Cet avis confidentiel a coûté environ 1200$ à la municipalité. À la séance du conseil, il a été proposé qu’il soit rendu public; ayant eu une égalité de votes en faveur et en défaveur, la résolution a été rejetée.

Pour sa part, la mairesse affirme avoir dépensé 900$ de sa poche pour obtenir son propre avis juridique. Elle soutient que ce document reconnaît qu’un maire peut « communiquer avec un conseiller municipal contrevenant à ses obligations déontologiques » pour lui faire « un rappel de ses obligations, donc de le ramener à l’ordre ».

M. De Bellefeuille a indiqué avoir demandé de la mairesse une rétractation qui n’est pas venue. Plus tard en soirée, Mme Brunette a dit être toujours en réflexion à savoir si elle voulait présenter un dossier à la Commission municipale du Québec, mais qu’elle préférerait aborder la question « un à un » avec le conseiller, avec une troisième partie neutre, si nécessaire.

M. De Bellefeuille a répété s’être senti « intimidé » par la lettre de réprimande. « Franchement, a rétorqué la mairesse. Moi je me dis, si le chapeau te fait, mets-le. Il n’arrête pas de se défendre. Est-ce que c’est parce qu’il a quelque chose à cacher? »

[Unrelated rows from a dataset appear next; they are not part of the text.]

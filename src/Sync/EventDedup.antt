-- ===== src/Sync/EventDedup.antt =====
-- apps/api/src/qbo/event-dedup.ts: the key of an inbound event, and the table of the events that are
-- done. The proofs are in the modules below.
pub mod Injective
pub mod Recording
use invoicing_platform.Prelude.{
  ℕ, Bool, true, false, ◌&&◌, Option, none, some, List, [], ◌∷◌, ◌++◌, ◌==◌, first, is_some,
}
use invoicing_platform.Money.{Text, same_text}
use invoicing_platform.Database.{RowId, ProcessedEventRow, Database, ok, Tx}

pub record WebhookEventIdentity : Type 0 where
  pub realm_id : Text
  pub name : Text
  pub id : Text
  pub operation : Text
  pub last_updated : Option Text

-- `${a}:${b}`
abbrev pub join : Text → Text → Text
join a b = a ++ (b':' ∷ b)

-- `lastUpdated` counts when it is a text that is not empty.
abbrev pub with_time : Text → Option Text → Text
with_time operation none = operation
with_time operation (some []) = operation
with_time operation (some (c ∷ s)) = join operation (c ∷ s)

unfoldable pub build_event_key : WebhookEventIdentity → Text
build_event_key e = join e.realm_id (join e.name (join e.id (with_time e.operation e.last_updated)))

-- `processed_events_org_event_unique`
abbrev pub is_event : RowId → Text → ProcessedEventRow → Bool
is_event org key row = row.org_id == org && same_text row.event_key key

abbrev pub insert_new : ProcessedEventRow → Option ProcessedEventRow → Tx Bool
insert_new row (some _) db = ok (false, db)
insert_new row none db =
    ok (true, record db { processed_events = db.processed_events ++ (row ∷ []) })

-- `INSERT … ON CONFLICT (org_id, event_key) DO NOTHING RETURNING id`: was a row inserted?
unfoldable pub record_event_if_new : RowId → WebhookEventIdentity → Tx Bool
record_event_if_new org e db =
    insert_new (record { org_id = org; event_key = build_event_key e })
      (first (is_event org (build_event_key e)) db.processed_events) db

Lors de la séance, ce dossier a créé un malaise auprès des autres élus. La conseillère Sarah Plamondon a déploré qu’on aille « laver notre linge sale en public », tandis que Mme Lapierre a souligné une ambiance « lourde » entre collègues. « Je vous enjoins à discuter ensemble pour trouver une solution commune à la situation », a renchéri M. Trahan.

Une nouvelle scène extérieure

Cantley construira une nouvelle scène extérieure dans le parc Mary-Anne-Phillips.

Les élus ont voté pour lancer sa construction au coût 80 000$. Des activités y seront tenues tout au long de l’année, y compris en hiver. La scène permettra « le développement de soi et des arts », s’est réjoui M. Trahan.